I looked into this for my J, its eligible.  Cost from MSC/Mooney is terrible, quoted $3k

I did the Gross Weight Increase in 2017.  I did not need a new altimeter because I had a Garmin G500; we just had the new POH Supplement Speeds programmed in.  The rudder did need additional counterweights installed to comply with the new balance specifications.  

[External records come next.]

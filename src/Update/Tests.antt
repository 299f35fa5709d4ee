-- ===== src/Update/Tests.antt =====
-- Runs of an update (libraries/EpoxyUpdate/src/Update.cpp) on a sink whose files never fail.
use epoxy_duino.Base.{ℕ, ◌≡◌, refl, Bool, true, false, List, [], ◌∷◌, ◌++◌, Option, none, some}
use epoxy_duino.Base.Text.{Bytes, codes}
use epoxy_duino.Update.{
  Sink, Update, json_escape, begin_update, write_all, end_update, abort_update,
}
use native.Mathlib.Omega.{arith}
use epoxy_duino.Update.Json.{text, json_string, json_string-json_escape}
use epoxy_duino.Update.Recorded.{Works, joined, Recorded, update_lem}

-- the image and the record of the end
abbrev Files : Type 0
Files = Bytes × Option (Bool × ℕ)

abbrev image_of : Files → Bytes
image_of s = s.0

abbrev result_of : Files → Option (Bool × ℕ)
result_of s = s.1

abbrev files : Sink Files
files = record {
  on = true;
  remove_end = λ s. (s.0, none);
  put_begin = λ s source size. (some true, s);
  put_end = λ s ok count. (some true, (s.0, some (ok, count)));
  fopen_image = λ s. (true, ([], s.1));
  fwrite_image = λ s bytes. (true, (s.0 ++ bytes, s.1));
  fflush_image = λ s. (true, s);
  fclose_image = λ s. (true, s);
}

files-Works : Works files image_of result_of
files-Works = record {
  is_on = refl;
  opened = λ s. (refl, refl);
  filled = λ s bytes. (refl, refl);
  flushed = λ s. (refl, refl);
  closed = λ s. (refl, refl);
  begun = λ s source size. refl;
  ended = λ s ok count. (refl, refl, refl);
}

escaped : json_escape (b'a' ∷ b'"' ∷ 10 ∷ []) ≡ codes "a\\\"\\u000a"
unfolding json_escape
escaped = refl

abbrev idle : Update
idle = record {
  image = false;
  written = 3;
  sink_failed = true;
  source = codes "u";
  running = false;
}

abbrev two_chunks : List Bytes
two_chunks = (1 ∷ 2 ∷ []) ∷ (3 ∷ []) ∷ []

update_lem_example :
    Recorded files image_of result_of files-Works
      (joined two_chunks)
      true
      (end_update files (write_all files two_chunks (begin_update files 3 (idle, ([], none)))))
    × Recorded files image_of result_of files-Works
        (joined two_chunks)
        false
        (abort_update files (write_all files two_chunks (begin_update files 3 (idle, ([], none)))))
update_lem_example = update_lem files image_of result_of files-Works 3 two_chunks (idle, ([], none))

json_string-json_escape_example :
    json_string text (json_escape (b'"' ∷ b'a' ∷ 10 ∷ []) ++ b'"' ∷ codes "}")
    ≡ some (b'"' ∷ b'a' ∷ 10 ∷ [], codes "}")
json_string-json_escape_example =
    json_string-json_escape (b'"' ∷ b'a' ∷ 10 ∷ []) (codes "}")
      (omega arith, (omega arith, (omega arith, tt)))
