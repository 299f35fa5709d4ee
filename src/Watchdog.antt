-- ===== src/Watchdog.antt =====
-- The loop watchdog of the ESP32 core (cores/epoxy/esp32_wdt.cpp). `now` is what nowMs() reads; each
-- operation, and each round of the monitor's thread, is one step.
pub mod Steps
mod Tests
use epoxy_duino.Base.{
  ℕ, ◌+◌, ◌%◌, ◌^◌, Bool, true, false, not, ◌||◌, if◌then◌else◌, leb, ◌==◌, List, [], ◌∷◌, Option,
  none, some,
}

pub record Watchdog : Type 0 where
  pub armed : Bool
  pub last_feed_ms : ℕ
  pub timeout_ms : ℕ
  pub timeout_explicit : Bool
  pub expiry_handler : Option ℕ
  pub monitor_started : Bool

abbrev pub default_timeout_ms : ℕ
default_timeout_ms = 5000

abbrev pub off : Watchdog
off = record {
  armed = false;
  last_feed_ms = 0;
  timeout_ms = default_timeout_ms;
  timeout_explicit = false;
  expiry_handler = none;
  monitor_started = false;
}

-- What the monitor calls at expiry: the handler, or terminateLoopTask().
pub data Expiry : Type 0 where
  handler : ℕ → Expiry
  terminate : Expiry

abbrev pub expiry : Option ℕ → Expiry
expiry none = terminate
expiry (some h) = handler h

-- The part of enableLoopWDT() that runs once: `env` is the number that strtoul() reads in
-- EPOXY_LOOP_WDT_MS, if it is set.
unfoldable pub start_monitor : Option ℕ → Watchdog → Watchdog
start_monitor none w = record w { monitor_started = true }
start_monitor (some ms) w =
    if w.timeout_explicit
    then record w { monitor_started = true }
    else record w { monitor_started = true; timeout_ms = ms % 2 ^ 32 }

unfoldable pub enable_loop_wdt : Option ℕ → ℕ → Watchdog → Watchdog
unfolding start_monitor
enable_loop_wdt env now w =
    let w' = if w.monitor_started then w else start_monitor env w in
    record w' { last_feed_ms = now; armed = true }

unfoldable pub disable_loop_wdt : Watchdog → Watchdog
disable_loop_wdt w = record w { armed = false }

unfoldable pub feed_loop_wdt : ℕ → Watchdog → Watchdog
feed_loop_wdt now w = record w { last_feed_ms = now }

unfoldable pub loop_wdt_set_timeout : ℕ → Watchdog → Watchdog
loop_wdt_set_timeout ms w = record w { timeout_ms = ms % 2 ^ 32; timeout_explicit = true }

unfoldable pub loop_wdt_set_expiry_handler : Option ℕ → Watchdog → Watchdog
loop_wdt_set_expiry_handler h w = record w { expiry_handler = h }

-- One round of monitor(): what it calls, if anything.
unfoldable pub monitor : ℕ → Watchdog → Option Expiry × Watchdog
monitor now w =
    if not w.armed || w.timeout_ms == 0 || leb now (w.last_feed_ms + w.timeout_ms)
    then (none, w)
    else (some (expiry w.expiry_handler), record w { armed = false })

-- The rounds of monitor() at the times given: the calls, each with its time.
unfoldable pub monitor_all : List ℕ → Watchdog → List (ℕ × Expiry)
unfolding monitor
monitor_all [] w = []
monitor_all (now ∷ later) w =
    let (call, w') = monitor now w in
    let rest = monitor_all later w' in elim call [ none ↦ rest | some x ↦ (now, x) ∷ rest ]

The original kit price included the new altimeter is the $3K cost.  But if all you need is the paperwork like I did, Henry Weber MSC sold it for less than $500 (I don’t want to give the exact price in case their price has changed in the past 3.5 years.)

All I needed was the POH supplement specifically for my s/n range, as well as the retrofit drawing.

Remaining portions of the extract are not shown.